Biological complexity: neural controls over mitochondria (Introduction)

by David Turell @, Wednesday, February 03, 2021, 18:26 (1389 days ago) @ David Turell

The transfer of a key enzyme is under neural controls:

https://phys.org/news/2021-02-neural-mitochondrial-rna-nucleus.html

"...researchers show that mitochondria translocate their key RNA methyltransferase enzyme, TRMT1, into host cell nuclei in response to neural activity. This subcellular relocalization of key RNA modifiers suggests a new understanding of how neurons plastically reconfigure their nuclei as network dynamics change.

"While epigenetic processes involving DNA methylation and histone modifications are known to be critical in learning and memory, the role of RNA modifications in cognitive function has been less well characterized.

***

"The researchers found that depolarization of neurons using KCL caused the relocation of TRMT1 from mitochondria and cytosol, as well as the relocation of TRMT1L from the nucleolus, into small punctate compartments of the nucleus. Although short depolarization bursts with KCL has been used to mimic long-term potentiation (LTP) via induction of immediate early genes, it is not a perfect simulator of real neural activity. In order to do that, fast electrical stimulation should be used to generate individual spike trains from individual neurons.

***

"An important question in all this is how mitochondria know that the neuron is firing, and furthermore, how they send TRMT1 to the nucleus. While it is known that mitochondria can rapidly respond to the influx of calcium that occurs during depolarization of tiny pre- or postsynaptic structures, these signals would likely wash out, temporally, near the nucleus inside of a large neuron.

***

"As far as the second question, the transfer of molecules from mitochondria to nucleus is a nice trick that cells regularly employ to control genes and epigenetic structure. For example, ATFS-1 (activating transcription factor associated with stress), which mediates the mitochondrial uncoupling response, is often translocated into the nucleus to modify gene expression. Similarly, PDC (pyruvate decarboxylase) can enter the nucleus under certain conditions to generate acetyl-CoA for histone acetylation.

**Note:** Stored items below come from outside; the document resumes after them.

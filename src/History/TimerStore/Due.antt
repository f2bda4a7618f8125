-- ===== src/History/TimerStore/Due.antt =====
-- The timers that the scavenger of history/internal/service/timer_processor.go reads, and their times
-- in the set of Redis after RebuildFromDB.
use mini_workflow.Prelude.{
  ◌≡◌, refl, sym, ap, ◌∙◌, Bool, true, false, Option, none, some, List, [], ◌∷◌, arith, str_eq,
  eq_iff, eq_refl, ◌==◌, ==_iff, keep, Bool-cases, inl, inr, if◌then◌else◌,
}
use mini_workflow.Prelude.Int.{ℤ, ltz, unix_milli}
use mini_workflow.History.Models.{Uuid, Timer}
use mini_workflow.History.Backend.{Backend}
use mini_workflow.History.Postgres.{find_timer}
use mini_workflow.History.Postgres.Timers.{insert_by_time, order_by_time}
use mini_workflow.History.TimerStore.Schedule.{set_to}
use mini_workflow.History.Postgres.TimerRows.{IsKeyed}

find_timer-insert :
    (t : Timer) (j : Uuid) (rows : List Timer)
    → find_timer t.timer_id rows ≡ none
    → find_timer j (insert_by_time t rows) ≡ (if t.timer_id == j then some t else find_timer j rows)
unfolding find_timer insert_by_time
find_timer-insert t j [] h = refl
find_timer-insert t j (u ∷ rest) h = ground (arith, find_timer-insert t j rest)

absent_rest :
    (j : Uuid) (u : Timer) (rest : List Timer)
    → find_timer j (u ∷ rest) ≡ none
    → ((j == u.timer_id) ≡ false) × (find_timer j rest ≡ none)
unfolding find_timer
absent_rest j u rest h = (ground arith, ground arith)

insert_by_time-IsKeyed :
    (t : Timer) (rows : List Timer)
    → find_timer t.timer_id rows ≡ none
    → IsKeyed rows
    → IsKeyed (insert_by_time t rows)
unfolding find_timer insert_by_time
insert_by_time-IsKeyed t [] h k = (refl, tt)
insert_by_time-IsKeyed t (u ∷ rest) h (fresh, k) =
    let (other, absent) = absent_rest t.timer_id u rest h in
    elim (Bool-cases (ltz u.fire_time t.fire_time)) [
      | inl first ↦ rw first (
        find_timer-insert t u.timer_id rest absent
            ∙ ap (λ c. if c then some t else find_timer u.timer_id rest) other
            ∙ fresh,
        insert_by_time-IsKeyed t rest absent k,
      )
      | inr after ↦ rw after (h, (fresh, k))
    ]

pub find_timer-keep :
    (p : Timer → Bool) (j : Uuid) (rows : List Timer) (t : Timer)
    → find_timer j rows ≡ some t
    → p t ≡ true
    → find_timer j (keep p rows) ≡ some t
unfolding find_timer
find_timer-keep p j [] t h good = cc
find_timer-keep p j (u ∷ rest) t h good = ground (arith, find_timer-keep p j rest t)

find_timer-keep-none :
    (p : Timer → Bool) (j : Uuid) (rows : List Timer)
    → find_timer j rows ≡ none
    → find_timer j (keep p rows) ≡ none
unfolding find_timer
find_timer-keep-none p j [] h = refl
find_timer-keep-none p j (u ∷ rest) h = ground (arith, find_timer-keep-none p j rest)

pub keep-IsKeyed : (p : Timer → Bool) (rows : List Timer) → IsKeyed rows → IsKeyed (keep p rows)
keep-IsKeyed p [] k = tt
keep-IsKeyed p (u ∷ rest) (fresh, k) = elim (Bool-cases (p u)) [
  | inl kept ↦ rw kept (find_timer-keep-none p u.timer_id rest fresh, keep-IsKeyed p rest k)
  | inr dropped ↦ rw dropped (keep-IsKeyed p rest k)
]

-- The order changes no lookup.
pub order_by_time-lem :
    (rows : List Timer)
    → IsKeyed rows
    → IsKeyed (order_by_time rows)
      × ((j : Uuid) → find_timer j (order_by_time rows) ≡ find_timer j rows)
unfolding find_timer order_by_time
order_by_time-lem [] k = (tt, λ j. refl)
order_by_time-lem (t ∷ rest) (fresh, k) =
    let (keyed, same) = order_by_time-lem rest k in
    let absent = same t.timer_id ∙ fresh in
    (
      insert_by_time-IsKeyed t (order_by_time rest) absent keyed,
      λ j.
          find_timer-insert t j (order_by_time rest) absent
          ∙ ap (λ o. if t.timer_id == j then some t else o) (same j),
    )

module _ ⦃b : Backend⦄ where
  some-inj : {u v : Timer} → some u ≡ some v → u ≡ v
  some-inj h = cc h

  some-eq : {u v : Uuid} → some u ≡ some v → u ≡ v
  some-eq h = cc h

  same_id : (u v : Uuid) → str_eq (b.print_uuid u) (b.print_uuid v) ≡ (u == v)
  same_id u v = elim (Bool-cases (u == v)) [
    | inl same ↦ rw ((==_iff u v).0 same) (eq_refl (b.print_uuid v) ∙ sym ((==_iff v v).1 refl))
    | inr differ ↦ elim (Bool-cases (str_eq (b.print_uuid u) (b.print_uuid v))) [
      | inr apart ↦ apart ∙ sym differ
      | inl alike ↦
          let one : u ≡ v = some-eq (
            sym (b.parse_uuid-print_uuid u)
            ∙ ap b.parse_uuid ((eq_iff (b.print_uuid u) (b.print_uuid v)).0 alike)
            ∙ b.parse_uuid-print_uuid v) in
          cc (sym differ ∙ (==_iff u v).1 one)
    ]
  ]

  set_to-other :
      (j : Uuid) (rows : List Timer) (old : Option ℤ)
      → find_timer j rows ≡ none
      → set_to (b.print_uuid j) rows old ≡ old
  unfolding find_timer
  set_to-other j [] old h = refl
  set_to-other j (t ∷ rest) old h = elim (Bool-cases (t.timer_id == j)) [
    | inl own ↦ cc (rw own at h)
    | inr other ↦ rw (same_id t.timer_id j, other) (set_to-other j rest old (rw other at h))
  ]

  -- The time that a rebuild leaves of a timer in its list.
  pub set_to-find :
      (j : Uuid) (rows : List Timer) (old : Option ℤ) (t : Timer)
      → IsKeyed rows
      → find_timer j rows ≡ some t
      → set_to (b.print_uuid j) rows old ≡ some (unix_milli t.fire_time)
  unfolding find_timer
  set_to-find j [] old t k h = cc
  set_to-find j (u ∷ rest) old t (fresh, k) h = elim (Bool-cases (u.timer_id == j)) [
    | inl own ↦
        let one = (==_iff u.timer_id j).0 own in
        let it : u ≡ t = some-inj (rw own at h) in
        rw (same_id u.timer_id j, own)
          (set_to-other j rest (some (unix_milli u.fire_time))
              (ap (λ i. find_timer i rest) (sym one) ∙ fresh)
            ∙ ap (λ (x : Timer). some (unix_milli x.fire_time)) it)
    | inr other ↦ rw (same_id u.timer_id j, other) (set_to-find j rest old t k (rw other at h))
  ]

"For the case of TRMT1, the presence of a strong MLS peptide overrides the weak NLS and the protein is initially targeted to mitochondrial transporters upon being synthesized. After entry, various proteases immediately cleave the signal sequence and activate the protein. Later on, contingent upon sufficient depolarization or other presumptive mitoflash events, the protein can exit the mitochondria. This time, lacking the MLS, the weak NLS eventually brings the protein back home to the nucleus."

Comment: a highly technical article with many processes and molecules described. It is another example of the intense complexity that dictates neuron activity with their mitochondria, and demands that one accept design as the source.